CDC Policies Have Been Based on Myopic Analysis
Dear CDC: You can't claim to be making analytically-sound policy recommendations if your scientific inquiry is dedicated to a fraction of the issue at hand. This BBC interview with Dr. Fauci confirms everything I feared about its decision-making process.
Around the 5 minute mark Dr. Fauci concedes that we'll never know if the CDC's recommended restrictions struck the "right balance" between fighting COVID and the "unintended consequences" of these policies' impact on education, mental health, and economic hardship.
Unintended? yes. Unpredictable? No. A drunk driver doesn't intend to cause harm, but we all know their probability of doing so is significantly reduced by getting a ride home.
The CDC's pledge to the American people doesn't bind it to reduce near-term deaths from disease. Its pledge is to maximize benefits to society using the highest quality scientific data.
You can't do that if you're judging the impact of your actions over a few months' time horizon, while ignoring the near- and longer-term collateral damage. Yet, that's what we got.

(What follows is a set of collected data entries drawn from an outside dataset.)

-- ===== src/Connection/Authentication.antt =====
-- backend/Connection.cpp, authenticatePeer: a remote peer is accepted when it can read what was encrypted
-- under the key that it shows.
use openbookfs.Prelude.{
  ◌==◌, if◌then◌else◌, Bool, true, false, List, [], ◌∷◌, ◌++◌, ◌≡◌, ◌≢◌, ◌⊎◌, ◌↔◌, refl, sym, subst,
  ◌∙◌, arith, Bool-cases, inl, inr, some, String,
}
use openbookfs.Marshall.{Byte}
use openbookfs.Connection.Wire.{
  msg_auth_req, msg_auth_challenge, msg_auth_soln, msg_auth_result, Packet, sealed, Peer, heard,
  failed, write_msg, read, same_bytes,
}
use openbookfs.Connection.{Rsa, challenge_peer, authenticate_peer}
use openbookfs.Connection.Keys.{same_bytes_refl}

same_bytes-eq : (xs ys : List Byte) → same_bytes xs ys ≡ true → xs ≡ ys
unfolding same_bytes
same_bytes-eq [] [] h = refl
same_bytes-eq [] (y ∷ ys) h = absurd cc
same_bytes-eq (x ∷ xs) [] h = absurd cc
same_bytes-eq (x ∷ xs) (y ∷ ys) h = ground (arith, same_bytes-eq xs ys)

accepted :
    {A : Type 0} (same response : Bool) (a : A) (f g q : Peer)
    → (if same then (if response then heard a f else failed f) else failed g) ≡ heard a q
    → (same ≡ true) × (response ≡ true)
accepted true true a f g q h = (refl, refl)
accepted true false a f g q h = absurd cc
accepted false response a f g q h = absurd cc

thrown :
    {A : Type 0} (same response : Bool) (a : A) (f g q : Peer)
    → (if same then (if response then heard a f else failed f) else failed g) ≡ failed q
    → (same ≡ false) ⊎ (response ≡ false)
thrown true true a f g q h = absurd cc
thrown true false a f g q h = inr refl
thrown false response a f g q h = inl refl

module _ (rsa : Rsa) (display_name public_key name base64 : String)
    (key iv fresh challenge solution answer : List Byte) (response : Bool) (rest : List Packet)
    (p : Peer) where
  -- the peer's packets, and those that go out until the solution is checked
  abbrev pub conversation : Peer
  conversation = record p {
    aes = some (key, iv);
    incoming =
        sealed key iv (msg_auth_req name base64)
        ∷ sealed key iv (msg_auth_challenge challenge)
        ∷ sealed key iv (msg_auth_soln answer)
        ∷ sealed key iv (msg_auth_result response)
        ∷ rest;
  }

  -- What the libraries say of the key and of the challenge.
  abbrev pub Readable : Type 0
  Readable =
      (rsa.loads base64 ≡ true)
      × ((rsa.max_length base64 == 0) ≡ false)
      × (rsa.decrypt_own challenge ≡ some solution)

  abbrev told : List Packet
  told =
      (((p.sent ++ sealed key iv (msg_auth_req display_name public_key) ∷ [])
          ++ sealed key iv (msg_auth_challenge (rsa.encrypt base64 fresh)) ∷ [])
        ++ sealed key iv (msg_auth_soln solution) ∷ [])
      ++ sealed key iv (msg_auth_result (same_bytes answer fresh)) ∷ []

  abbrev refused : Peer
  refused = record p {
    aes = some (key, iv);
    incoming = sealed key iv (msg_auth_result response) ∷ rest;
    sent = told;
  }

  abbrev finished : Peer
  finished = record p { aes = some (key, iv); incoming = rest; sent = told }

  runs :
      p.is_remote ≡ true
      → Readable
      → authenticate_peer rsa display_name public_key fresh conversation ≡ (
          if same_bytes answer fresh
          then (if response then heard (base64, name) finished else failed finished)
          else failed refused)
  unfolding authenticate_peer challenge_peer write_msg read
  runs remote (loads, length, solved) = rw (remote) (
      rw (same_bytes_refl key, same_bytes_refl iv)
        (rw (loads) (
          rw (length) (
            rw (same_bytes_refl key, same_bytes_refl iv)
              (rw (solved) (
                rw (same_bytes_refl key, same_bytes_refl iv)
                  (elim (Bool-cases (same_bytes answer fresh)) [
                    | inl e ↦ rw (e) (
                        rw (same_bytes_refl key, same_bytes_refl iv)
                          (elim (Bool-cases response) [
                            | inl r ↦ rw (r) refl
                            | inr r ↦ rw (r) refl
                          ]))
                    | inr e ↦ rw (e) refl
                  ])))))))

  -- A remote peer sends its key, a challenge, an answer and a verdict, all under the key of the session.
  -- Its key can be loaded and encrypts, and its challenge can be decrypted. It is accepted exactly when its
  -- answer is the text that was encrypted for it and its verdict is good, and an exception is thrown
  -- exactly when one of the two is not so.
  pub authenticate_peer_iff :
      p.is_remote ≡ true
      → Readable
      → (((q : Peer) × (authenticate_peer rsa display_name public_key fresh conversation
              ≡ heard (base64, name) q))
          ↔ ((answer ≡ fresh) × (response ≡ true)))
        × (((q : Peer) × (authenticate_peer rsa display_name public_key fresh conversation
                ≡ failed q))
            ↔ ((answer ≢ fresh) ⊎ (response ≡ false)))
  authenticate_peer_iff remote readable = (
    (
      λ h.
          let both =
            accepted (same_bytes answer fresh) response (base64, name) finished refused h.0
              (sym (runs remote readable) ∙ h.1) in
          (same_bytes-eq answer fresh both.0, both.1),
      λ h. (finished, runs remote readable ∙ rw (h.0, h.1, same_bytes_refl fresh) refl),
    ),
    (
      λ h.
          elim (thrown (same_bytes answer fresh) response (base64, name) finished refused h.0
            (sym (runs remote readable) ∙ h.1)) [
              | inl different ↦ inl (λ same. true_ne_false (sym (same_bytes_of same) ∙ different))
              | inr bad ↦ inr bad
            ],
      λ h. throws h,
    ),
  )
    where
      same_bytes_of : answer ≡ fresh → same_bytes answer fresh ≡ true
      same_bytes_of same = subst (λ a. same_bytes a fresh ≡ true) (sym same) (same_bytes_refl fresh)

      true_ne_false : true ≡ false → ⊥
      true_ne_false e = cc

      refuses :
          same_bytes answer fresh ≡ false
          → (q : Peer) × (authenticate_peer rsa display_name public_key fresh conversation
              ≡ failed q)
      refuses e = (refused, runs remote readable ∙ rw (e) refl)

      throws :
          ((answer ≢ fresh) ⊎ (response ≡ false))
          → (q : Peer) × (authenticate_peer rsa display_name public_key fresh conversation
              ≡ failed q)
      throws (inl different) = elim (Bool-cases (same_bytes answer fresh)) [
        | inl e ↦ absurd (different (same_bytes-eq answer fresh e))
        | inr e ↦ refuses e
      ]
      throws (inr bad) = elim (Bool-cases (same_bytes answer fresh)) [
        | inl e ↦ (finished, runs remote readable ∙ rw (e, bad) refl)
        | inr e ↦ refuses e
      ]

And here we are, having spent more money fighting COVID than it would have taken to keep Medicare A in the black for the remainder of this century. Just one of the more disturbing transfers of well-being from younger and lower-income people to older, wealthier people over the past two years.
And after all that? To admit we'll never know if we did the right thing? If you think estimating the full impact of policy decisions isn't possible, then I suggest you read this report from June of 2020, available at the website of the National Institutes of Health.
"We estimate that shelter in place restrictions need to prevent at least 154,586 COVID-19 deaths for each month they are in effect to demonstrate cost effectiveness relative to limited reopening, a threshold which is unlikely to be met. While readers may experience this calculus favoring a limited reopening over a return to shelter in place as unduly grisly, we would suggest that the healthcare community, focused on patient care, may (understandably) skew toward a perspective that emphasizes the costs of lives lost to disease over the costs of unemployment rivaling the Great Depression and dislocated family and educational lives. However, the disparities in how the socio-economic burden is imposed upon the most disadvantaged relative to the well-off may be even more inequitable than the disparities in health outcomes with which the healthcare community is so familiar"
This report isn't definitive. It just demonstrates that the calculations I suggest above were not only possible. They were being performed--and disregarded.